Task objective
Please give again, word for word, each line that falls between the line with "unfoldable pub ofc_purge_object" and the end of the data, inclusive.

Data for the task
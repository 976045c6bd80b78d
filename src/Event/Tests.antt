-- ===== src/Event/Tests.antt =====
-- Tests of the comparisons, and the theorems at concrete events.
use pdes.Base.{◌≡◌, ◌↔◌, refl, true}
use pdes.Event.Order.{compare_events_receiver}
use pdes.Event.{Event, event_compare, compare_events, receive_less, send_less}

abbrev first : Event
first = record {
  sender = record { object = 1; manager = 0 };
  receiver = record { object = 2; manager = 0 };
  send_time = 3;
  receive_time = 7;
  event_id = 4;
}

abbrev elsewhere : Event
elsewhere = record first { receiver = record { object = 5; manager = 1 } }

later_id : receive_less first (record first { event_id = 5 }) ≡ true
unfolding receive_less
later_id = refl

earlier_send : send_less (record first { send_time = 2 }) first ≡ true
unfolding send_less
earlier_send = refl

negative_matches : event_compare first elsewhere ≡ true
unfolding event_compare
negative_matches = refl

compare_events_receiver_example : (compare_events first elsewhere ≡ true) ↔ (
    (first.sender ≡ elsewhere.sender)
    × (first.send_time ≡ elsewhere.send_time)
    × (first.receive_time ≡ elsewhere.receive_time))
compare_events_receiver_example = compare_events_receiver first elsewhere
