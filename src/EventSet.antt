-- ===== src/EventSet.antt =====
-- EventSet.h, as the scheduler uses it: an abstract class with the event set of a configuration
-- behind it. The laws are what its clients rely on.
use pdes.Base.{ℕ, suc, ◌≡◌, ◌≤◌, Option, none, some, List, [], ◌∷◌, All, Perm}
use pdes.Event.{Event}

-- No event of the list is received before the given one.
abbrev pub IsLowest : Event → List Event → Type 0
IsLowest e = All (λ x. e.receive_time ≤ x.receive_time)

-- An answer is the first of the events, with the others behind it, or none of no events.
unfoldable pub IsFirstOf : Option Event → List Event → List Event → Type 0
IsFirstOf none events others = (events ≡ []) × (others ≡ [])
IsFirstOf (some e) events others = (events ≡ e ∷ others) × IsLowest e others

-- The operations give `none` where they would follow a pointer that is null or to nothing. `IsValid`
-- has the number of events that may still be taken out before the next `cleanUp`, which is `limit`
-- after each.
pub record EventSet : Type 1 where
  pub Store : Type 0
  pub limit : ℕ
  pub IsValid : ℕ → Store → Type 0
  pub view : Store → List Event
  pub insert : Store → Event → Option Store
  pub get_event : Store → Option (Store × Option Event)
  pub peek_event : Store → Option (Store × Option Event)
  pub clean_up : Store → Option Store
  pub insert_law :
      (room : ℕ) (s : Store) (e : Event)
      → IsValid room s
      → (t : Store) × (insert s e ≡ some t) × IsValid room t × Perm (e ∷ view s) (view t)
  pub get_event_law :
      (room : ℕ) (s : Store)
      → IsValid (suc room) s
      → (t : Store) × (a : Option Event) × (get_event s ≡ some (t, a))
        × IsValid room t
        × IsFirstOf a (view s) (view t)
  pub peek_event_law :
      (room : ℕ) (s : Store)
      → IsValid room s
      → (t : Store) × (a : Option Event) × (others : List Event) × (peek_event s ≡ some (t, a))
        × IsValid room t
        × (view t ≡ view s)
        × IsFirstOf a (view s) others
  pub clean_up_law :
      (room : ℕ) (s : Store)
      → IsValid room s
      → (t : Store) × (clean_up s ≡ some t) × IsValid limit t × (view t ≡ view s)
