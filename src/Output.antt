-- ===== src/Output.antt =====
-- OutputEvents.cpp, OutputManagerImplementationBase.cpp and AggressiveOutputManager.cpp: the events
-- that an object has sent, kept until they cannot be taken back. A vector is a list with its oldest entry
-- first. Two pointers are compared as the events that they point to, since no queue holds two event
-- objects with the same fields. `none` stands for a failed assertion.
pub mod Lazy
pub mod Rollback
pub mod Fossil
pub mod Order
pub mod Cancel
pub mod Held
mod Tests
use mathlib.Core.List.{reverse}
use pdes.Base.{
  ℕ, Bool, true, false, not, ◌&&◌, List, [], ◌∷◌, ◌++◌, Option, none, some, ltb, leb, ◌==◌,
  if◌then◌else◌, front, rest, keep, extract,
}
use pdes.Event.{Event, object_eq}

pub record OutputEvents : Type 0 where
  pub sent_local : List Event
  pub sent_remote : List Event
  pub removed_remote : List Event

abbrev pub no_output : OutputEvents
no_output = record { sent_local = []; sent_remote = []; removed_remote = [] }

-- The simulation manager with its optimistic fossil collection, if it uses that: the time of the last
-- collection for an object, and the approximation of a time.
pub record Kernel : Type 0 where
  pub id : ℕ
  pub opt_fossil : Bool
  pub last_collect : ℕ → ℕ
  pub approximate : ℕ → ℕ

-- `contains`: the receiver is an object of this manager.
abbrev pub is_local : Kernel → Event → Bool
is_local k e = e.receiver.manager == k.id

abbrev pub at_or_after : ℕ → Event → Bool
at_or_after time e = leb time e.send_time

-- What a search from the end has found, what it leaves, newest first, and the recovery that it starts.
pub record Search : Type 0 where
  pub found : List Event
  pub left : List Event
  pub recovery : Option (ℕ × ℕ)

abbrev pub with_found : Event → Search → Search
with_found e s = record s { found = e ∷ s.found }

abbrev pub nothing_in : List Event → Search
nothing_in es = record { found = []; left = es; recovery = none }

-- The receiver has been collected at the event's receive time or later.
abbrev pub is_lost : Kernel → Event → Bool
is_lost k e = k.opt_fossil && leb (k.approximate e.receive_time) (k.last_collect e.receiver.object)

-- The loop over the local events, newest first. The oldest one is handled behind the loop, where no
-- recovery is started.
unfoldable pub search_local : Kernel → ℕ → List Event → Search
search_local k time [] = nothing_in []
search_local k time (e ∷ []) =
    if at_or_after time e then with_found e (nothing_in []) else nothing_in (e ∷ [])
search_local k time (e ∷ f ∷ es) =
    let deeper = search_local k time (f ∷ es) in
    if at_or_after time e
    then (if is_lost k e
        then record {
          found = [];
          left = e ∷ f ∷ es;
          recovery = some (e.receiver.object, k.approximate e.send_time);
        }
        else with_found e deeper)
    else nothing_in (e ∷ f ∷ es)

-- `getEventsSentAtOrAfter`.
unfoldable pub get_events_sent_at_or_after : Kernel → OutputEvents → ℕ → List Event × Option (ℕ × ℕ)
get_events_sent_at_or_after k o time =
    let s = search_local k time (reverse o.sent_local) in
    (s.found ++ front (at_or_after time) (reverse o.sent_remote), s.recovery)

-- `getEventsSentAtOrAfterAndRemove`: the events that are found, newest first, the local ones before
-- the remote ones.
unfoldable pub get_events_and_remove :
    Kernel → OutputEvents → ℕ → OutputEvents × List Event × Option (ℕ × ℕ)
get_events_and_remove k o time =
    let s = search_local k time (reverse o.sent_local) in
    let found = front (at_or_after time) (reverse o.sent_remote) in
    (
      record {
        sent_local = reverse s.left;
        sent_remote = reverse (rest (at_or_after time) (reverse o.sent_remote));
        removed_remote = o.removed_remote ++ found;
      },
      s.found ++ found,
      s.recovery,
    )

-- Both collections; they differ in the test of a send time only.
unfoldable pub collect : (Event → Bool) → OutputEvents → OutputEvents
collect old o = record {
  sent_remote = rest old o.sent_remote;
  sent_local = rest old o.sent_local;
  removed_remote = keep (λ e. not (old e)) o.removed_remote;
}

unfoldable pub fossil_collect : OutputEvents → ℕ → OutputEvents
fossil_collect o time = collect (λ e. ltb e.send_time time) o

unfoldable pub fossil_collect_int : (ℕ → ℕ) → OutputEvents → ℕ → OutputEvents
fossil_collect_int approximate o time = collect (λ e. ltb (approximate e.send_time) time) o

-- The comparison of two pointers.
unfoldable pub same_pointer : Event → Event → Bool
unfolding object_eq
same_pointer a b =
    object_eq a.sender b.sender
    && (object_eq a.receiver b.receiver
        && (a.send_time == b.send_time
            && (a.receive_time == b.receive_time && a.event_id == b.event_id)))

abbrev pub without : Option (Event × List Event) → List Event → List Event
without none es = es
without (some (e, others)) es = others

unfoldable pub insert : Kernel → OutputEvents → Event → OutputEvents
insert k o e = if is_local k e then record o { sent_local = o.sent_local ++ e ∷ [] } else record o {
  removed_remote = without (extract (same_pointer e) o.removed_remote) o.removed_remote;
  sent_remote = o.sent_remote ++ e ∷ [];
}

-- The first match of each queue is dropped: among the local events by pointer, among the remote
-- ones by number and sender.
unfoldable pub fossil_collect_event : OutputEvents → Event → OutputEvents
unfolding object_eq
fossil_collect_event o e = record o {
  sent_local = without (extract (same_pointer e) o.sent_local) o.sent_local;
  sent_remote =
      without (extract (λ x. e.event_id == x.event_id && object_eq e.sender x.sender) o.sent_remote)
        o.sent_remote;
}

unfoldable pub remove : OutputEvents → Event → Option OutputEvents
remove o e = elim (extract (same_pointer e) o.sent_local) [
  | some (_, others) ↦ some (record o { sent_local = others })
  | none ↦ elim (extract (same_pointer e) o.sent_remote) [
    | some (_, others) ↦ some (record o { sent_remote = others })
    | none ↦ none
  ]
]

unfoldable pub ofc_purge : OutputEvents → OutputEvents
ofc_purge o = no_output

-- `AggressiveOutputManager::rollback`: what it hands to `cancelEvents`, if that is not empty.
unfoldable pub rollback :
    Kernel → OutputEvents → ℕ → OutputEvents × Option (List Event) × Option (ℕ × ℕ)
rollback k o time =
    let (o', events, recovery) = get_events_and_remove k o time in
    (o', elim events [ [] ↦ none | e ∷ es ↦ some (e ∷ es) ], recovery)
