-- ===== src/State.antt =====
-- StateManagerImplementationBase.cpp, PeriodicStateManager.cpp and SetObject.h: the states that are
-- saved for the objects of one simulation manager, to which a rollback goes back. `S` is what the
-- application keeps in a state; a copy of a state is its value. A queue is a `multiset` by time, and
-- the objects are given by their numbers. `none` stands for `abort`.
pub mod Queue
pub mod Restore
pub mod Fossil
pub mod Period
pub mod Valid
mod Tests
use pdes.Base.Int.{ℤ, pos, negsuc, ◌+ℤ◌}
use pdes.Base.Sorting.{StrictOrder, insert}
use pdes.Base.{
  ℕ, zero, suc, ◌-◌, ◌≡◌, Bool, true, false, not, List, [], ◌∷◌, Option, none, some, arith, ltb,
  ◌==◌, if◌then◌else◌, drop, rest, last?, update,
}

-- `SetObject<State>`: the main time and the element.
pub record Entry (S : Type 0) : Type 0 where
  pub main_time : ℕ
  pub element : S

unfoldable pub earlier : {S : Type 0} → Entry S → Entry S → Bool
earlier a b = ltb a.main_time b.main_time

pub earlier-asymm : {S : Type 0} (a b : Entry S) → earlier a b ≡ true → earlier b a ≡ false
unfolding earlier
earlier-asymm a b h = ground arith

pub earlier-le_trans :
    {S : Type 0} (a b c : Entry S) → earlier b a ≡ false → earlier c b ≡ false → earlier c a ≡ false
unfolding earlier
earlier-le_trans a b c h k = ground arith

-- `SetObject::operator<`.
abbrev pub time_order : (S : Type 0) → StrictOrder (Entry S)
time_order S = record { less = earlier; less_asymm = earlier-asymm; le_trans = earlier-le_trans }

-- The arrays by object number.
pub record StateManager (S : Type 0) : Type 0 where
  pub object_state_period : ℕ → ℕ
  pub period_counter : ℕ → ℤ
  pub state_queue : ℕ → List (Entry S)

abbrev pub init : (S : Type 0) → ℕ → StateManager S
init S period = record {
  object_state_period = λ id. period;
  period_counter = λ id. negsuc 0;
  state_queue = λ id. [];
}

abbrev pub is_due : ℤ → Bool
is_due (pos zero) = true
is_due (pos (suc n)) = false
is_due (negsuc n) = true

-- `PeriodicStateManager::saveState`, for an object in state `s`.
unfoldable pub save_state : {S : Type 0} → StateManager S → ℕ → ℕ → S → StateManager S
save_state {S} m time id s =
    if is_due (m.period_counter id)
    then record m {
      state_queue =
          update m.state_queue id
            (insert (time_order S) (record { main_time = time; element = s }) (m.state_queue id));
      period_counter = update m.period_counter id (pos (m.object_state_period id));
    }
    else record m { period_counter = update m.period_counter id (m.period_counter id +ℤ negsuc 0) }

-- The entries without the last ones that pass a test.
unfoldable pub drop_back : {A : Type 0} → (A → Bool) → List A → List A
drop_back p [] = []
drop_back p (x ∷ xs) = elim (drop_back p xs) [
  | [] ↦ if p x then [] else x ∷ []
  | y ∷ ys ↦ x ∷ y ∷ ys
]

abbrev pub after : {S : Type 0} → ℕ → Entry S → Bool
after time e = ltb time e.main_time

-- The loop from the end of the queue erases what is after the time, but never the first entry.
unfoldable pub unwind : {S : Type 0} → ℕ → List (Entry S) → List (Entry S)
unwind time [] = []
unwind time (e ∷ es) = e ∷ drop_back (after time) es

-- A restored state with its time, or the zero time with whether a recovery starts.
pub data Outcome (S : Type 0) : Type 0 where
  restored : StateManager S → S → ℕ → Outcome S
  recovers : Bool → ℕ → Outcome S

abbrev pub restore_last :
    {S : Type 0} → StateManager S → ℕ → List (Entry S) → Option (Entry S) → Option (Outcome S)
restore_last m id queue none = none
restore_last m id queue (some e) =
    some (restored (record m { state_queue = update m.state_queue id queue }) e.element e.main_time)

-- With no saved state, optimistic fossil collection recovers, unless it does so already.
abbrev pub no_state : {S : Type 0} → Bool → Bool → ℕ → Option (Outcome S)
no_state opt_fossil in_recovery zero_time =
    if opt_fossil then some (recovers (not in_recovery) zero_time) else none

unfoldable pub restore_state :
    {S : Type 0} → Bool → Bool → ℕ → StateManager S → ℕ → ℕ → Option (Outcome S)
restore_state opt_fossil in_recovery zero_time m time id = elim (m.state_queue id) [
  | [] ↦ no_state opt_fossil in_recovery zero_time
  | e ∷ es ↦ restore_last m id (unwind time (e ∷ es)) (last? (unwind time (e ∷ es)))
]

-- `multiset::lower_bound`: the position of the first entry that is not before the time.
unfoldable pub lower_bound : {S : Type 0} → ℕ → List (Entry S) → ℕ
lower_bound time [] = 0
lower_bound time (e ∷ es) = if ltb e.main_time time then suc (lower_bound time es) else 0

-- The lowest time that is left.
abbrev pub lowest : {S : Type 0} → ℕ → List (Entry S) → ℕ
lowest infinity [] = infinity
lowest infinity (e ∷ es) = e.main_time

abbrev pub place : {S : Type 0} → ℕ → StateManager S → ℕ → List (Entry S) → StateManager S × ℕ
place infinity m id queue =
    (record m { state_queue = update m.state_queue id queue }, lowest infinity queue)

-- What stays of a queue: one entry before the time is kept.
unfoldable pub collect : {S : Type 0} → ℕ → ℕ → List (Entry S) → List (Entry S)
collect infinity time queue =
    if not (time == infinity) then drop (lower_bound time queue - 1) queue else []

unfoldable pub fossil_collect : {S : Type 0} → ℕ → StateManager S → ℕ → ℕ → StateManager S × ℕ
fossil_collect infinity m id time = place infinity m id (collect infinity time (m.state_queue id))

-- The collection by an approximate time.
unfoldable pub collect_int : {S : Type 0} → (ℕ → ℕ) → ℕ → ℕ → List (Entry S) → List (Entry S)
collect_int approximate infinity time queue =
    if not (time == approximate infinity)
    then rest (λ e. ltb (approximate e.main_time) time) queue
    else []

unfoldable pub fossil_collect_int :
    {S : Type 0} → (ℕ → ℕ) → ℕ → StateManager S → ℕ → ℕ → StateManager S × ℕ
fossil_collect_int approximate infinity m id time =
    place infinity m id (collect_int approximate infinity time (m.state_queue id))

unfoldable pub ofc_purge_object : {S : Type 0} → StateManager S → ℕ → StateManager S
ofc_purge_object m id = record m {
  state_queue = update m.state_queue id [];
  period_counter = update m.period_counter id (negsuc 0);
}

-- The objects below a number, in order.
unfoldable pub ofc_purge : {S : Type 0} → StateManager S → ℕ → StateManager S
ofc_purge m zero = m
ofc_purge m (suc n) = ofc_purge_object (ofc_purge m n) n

Solution below
unfoldable pub ofc_purge_object : {S : Type 0} → StateManager S → ℕ → StateManager S
ofc_purge_object m id = record m {
  state_queue = update m.state_queue id [];
  period_counter = update m.period_counter id (negsuc 0);
}

-- The objects below a number, in order.
unfoldable pub ofc_purge : {S : Type 0} → StateManager S → ℕ → StateManager S
ofc_purge m zero = m
ofc_purge m (suc n) = ofc_purge_object (ofc_purge m n) n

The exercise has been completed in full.